(Europese) reisgidsen uit die tijd. In een kunsthistorisch uitstapje wordt Edward Said van stal gehaald om het oriëntalisme van de vroege twintigste eeuw te behandelen. In de eerste helft van het boekje is veel informatie te vinden in de twintig beschouwende paragraafjes die Buschman aan de twintig feuilletons heeft gewijd. Maar er is meer. Editiewetenschappers kunnen hun hart ophalen aan de ingewikkelde, zorgvuldig bestudeerde geschiedenis van de verschillende manuscripten en drukken van de feuilletons. (66-70) Ook de receptie van de feuilletons in de dagbladen is goed onderzocht. (71-74) Literair-wetenschappelijk werkelijk interessant is de tweede helft van het boek (vooral vanaf pagina 100). Hierin worden ten eerste literaire (oriëntalistische) invloeden op de feuilletons beschreven (vanaf pagina 75). Ten tweede gaat Buschman te rade bij geschriften van andere bezoekers van Noord-Afrika, tijdgenoten van Couperus (onder wie oud-premier Abraham Kuypers en de Amerikaanse schrijfster Elizabeth Crouse),
om te achterhalen wat Couperus wél gezien, maar niet beschreven heeft [...]. Vergelijking van de teksten die deze reizigers hebben voortgebracht, leverde een interessant doorkijkje op. Couperus móet getuige zijn geweest van fenomenen waarover hij in zijn reisbrieven nauwelijks te spreken kwam: het kolonialisme, de strengheid van de islam, de beklagenswaardige positie van de vrouw, de prostitutie. (134)

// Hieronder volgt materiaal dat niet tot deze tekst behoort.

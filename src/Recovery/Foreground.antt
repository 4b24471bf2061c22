-- ===== src/Recovery/Foreground.antt =====
-- The foreground reads what the background process sends, one after the other.
use persimmon.Base.{
  ℕ, ◌+◌, ◌-◌, ◌<◌, ◌≡◌, refl, ap, ◌∙◌, true, false, add_word, if◌then◌else◌, List, [], ◌∷◌, ◌++◌,
  map, All, Memory, store, fill, inside, arith, Bool-cases, inl, inr,
}
use persimmon.Region.{Region, does_include}
use persimmon.Region.Points.{IsProper}
use persimmon.RegionManager.{RegionManager, send_regions}
use persimmon.RegionManager.Managed.{held}
use persimmon.RegionFile.{File, LoadCalls, ok}
use persimmon.RegionFile.Load.{loads, load_region-ok}
use persimmon.Recovery.{
  pos, Message, region, tail, recovery_messages, is_sentinel, map_regions, ForegroundCalls,
  map_recovered_regions, read_tail, store_tail, ForegroundState, undo_recover_foreground,
}

-- The file holds the bytes of the region.
abbrev pub Holds : Memory → File → Region → Type 0
Holds image f r = (i : ℕ) → i < r.size → f.bytes i ≡ image (r.base + i)

-- The calls for the regions succeed, and each read gets the whole region.
abbrev pub Loads : (Region → LoadCalls) → Type 0
Loads calls = (r : Region) → calls r ≡ loads r.size

-- The memory with the bytes of `image` in the regions.
abbrev pub restored : Memory → List Region → Memory → Memory
restored image rs m x = if held rs x then image x else m x

abbrev pub loaded_region : File → Region → Memory → Memory
loaded_region f r m = store (fill m r.base r.size 0) r.base r.size f.bytes

loaded_region-restored :
    (image : Memory) (f : File) (r : Region) (m : Memory) (x : ℕ)
    → IsProper r
    → Holds image f r
    → loaded_region f r m x ≡ (if does_include r x then image x else m x)
unfolding store fill does_include
loaded_region-restored image f r m x (n, b) h =
    let end : add_word r.base r.size ≡ r.base + r.size = omega arith in
    elim (Bool-cases (inside r.base r.size x)) [
      | inl i ↦
          let bytes = h (x - r.base) (ground arith) in
          let at : r.base + (x - r.base) ≡ x = ground arith in rw (end, i) (bytes ∙ ap image at)
      | inr o ↦ rw (end, o) refl
    ]

-- The loop of `map_recovered_regions`, on regions and the sentinel.
map_regions-restored :
    (image : Memory) (calls : Region → LoadCalls) (files : Region → File) (rs : List Region)
    (sentinel : Region) (rest : List Message) (m : Memory)
    → Loads calls
    → All IsProper rs
    → All (λ r. Holds image (files r) r) rs
    → is_sentinel sentinel ≡ true
    → (m' : Memory) × (map_regions calls files (map region (rs ++ (sentinel ∷ [])) ++ rest) m
        ≡ ok (rs, (rest, m')))
      × ((x : ℕ) → m' x ≡ restored image rs m x)
unfolding map_regions
map_regions-restored image calls files [] sentinel rest m l p h s = (m, rw s refl, λ x. refl)
map_regions-restored image calls files (r ∷ rs) sentinel rest m l (p, ps) (h, hs) s =
    let n : is_sentinel r ≡ false = ground arith in
    let here = load_region-ok (files r) r m in
    let (m', e, later) =
      map_regions-restored image calls files rs sentinel rest (loaded_region (files r) r m) l ps hs
        s in
    (
      m',
      rw (n, l r, here, e) refl,
      (λ x.
          later x
          ∙ (let mine = loaded_region-restored image (files r) r m x p h in
              elim (Bool-cases (held rs x)) [
                | inl again ↦ rw (restored, again) (ground arith)
                | inr once ↦ rw (restored, once) (ground arith)
              ])),
    )

-- All the other calls succeed too.
abbrev pub succeeding : (Region → LoadCalls) → ForegroundCalls
succeeding calls = record {
  close_unused_error = 0;
  open_directory_error = 0;
  load = calls;
  close_directory_error = 0;
  close_btf_error = 0;
  write_error = 0;
  nwritten = 1;
  close_ftb_error = 0;
}

-- What the background process sends brings the foreground to the same state: if the calls of the system
-- succeed and each read gets a whole region, whose file holds the bytes of `image`, then the foreground
-- maps the regions of the manager in order, its memory is `image` in the regions and unchanged elsewhere, and
-- its tail is the one that was sent. This is so if no region is empty.
pub recovery_messages-undo_recover_foreground :
    (image : Memory) (calls : Region → LoadCalls) (files : Region → File) (mrm : RegionManager)
    (recovered_tail : ℕ) (s : ForegroundState)
    → Loads calls
    → All IsProper mrm.regions
    → All (λ r. Holds image (files r) r) mrm.regions
    → (m : Memory) × (undo_recover_foreground true
          (succeeding calls)
          files
          (recovery_messages mrm recovered_tail)
          s
        ≡ ok (record { p_tail = pos recovered_tail; mapped = mrm.regions; memory = m }))
      × ((x : ℕ) → m x ≡ restored image mrm.regions s.memory x)
unfolding undo_recover_foreground map_recovered_regions recovery_messages read_tail store_tail
    send_regions
recovery_messages-undo_recover_foreground image calls files mrm recovered_tail s l p h =
    let (m, e, all) =
      map_regions-restored image calls files mrm.regions
        (record { base = 0; size = 0; file_id = 0 }) (tail (pos recovered_tail) ∷ []) s.memory l p h
        refl in
    (m, rw e refl, all)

Volgens Buschman gaat de vraag naar het waarheidsgehalte van de feuilletons ‘verder dan alleen maar het belang voor de biografie. De wijze waarop Couperus in zijn krantenstukjes de wereld weergeeft, maakt namelijk een essentieel onderdeel uit van zijn schrijverschap’. (133)
Inderdaad levert de (literair-)historische aanpak een aantal interessante resultaten op, die een indruk bieden van de wijze waarop dat wat Couperus zag of moet hebben gezien in de feuilletons wordt gerepresenteerd (of beter: niet of nauwelijks wordt gerepresenteerd). In de ruimte die mij nog rest zal ik enkele opvallende beweringen, vondsten en conclusies uitlichten, die tezamen een rij belangrijke punten op de lijn van Buschmans betoog in kaart moeten brengen.
In de jaren vóór de reis naar Afrika ging het niet erg goed met Couperus. Vanwege financiële problemen en negatieve kritieken op zijn romans nam hij het dramatische besluit zich voortaan toe te leggen op feuilletons (al verschenen later toch nog lijvige romans als Iskander). (12 en 15) De Hollandse winters hadden een negatieve invloed op het gestel van de weinig winterharde en in deze jaren hard werkende Couperus. Daar kwam nog eens bij dat hij beschimpt werd vanwege zijn vermeende verwijfdheid: in 1917 verscheen een spotprent van een in vrouwenkleding gehulde Couperus, die, te midden van mooie tafeltjes en dikke tapijten, gezeten voor een grote spiegel met getuite lippen zijn neus zit te poederen. (18) En in het voorjaar van 1920 resulteerde de Haagse ‘heksenjacht’ (17) op homoseksuelen in een zedenschandaal, waarover het hardnekkige (achteraf gezien hoogstwaarschijnlijk onjuiste) gerucht dat Couperus ontucht met minderjarige jongens zou hebben gepleegd de ronde deed. (17)
Het was in zo'n situatie dat Couperus van hoofdredacteur Van Oss het aanbod moet hebben gekregen voor een aanzienlijk honorarium naar Afrika af te reizen. Van Oss ‘ging de polemiek zo veel mogelijk uit de weg’ (21) en heeft er daarnaast ‘bij Couperus “beminnelijk” op aangedrongen niet slechts te dwepen met zonsondergangen en door de maan beschenen woestijnlandschappen. Praktische details moesten er ook in staan’. (21-22)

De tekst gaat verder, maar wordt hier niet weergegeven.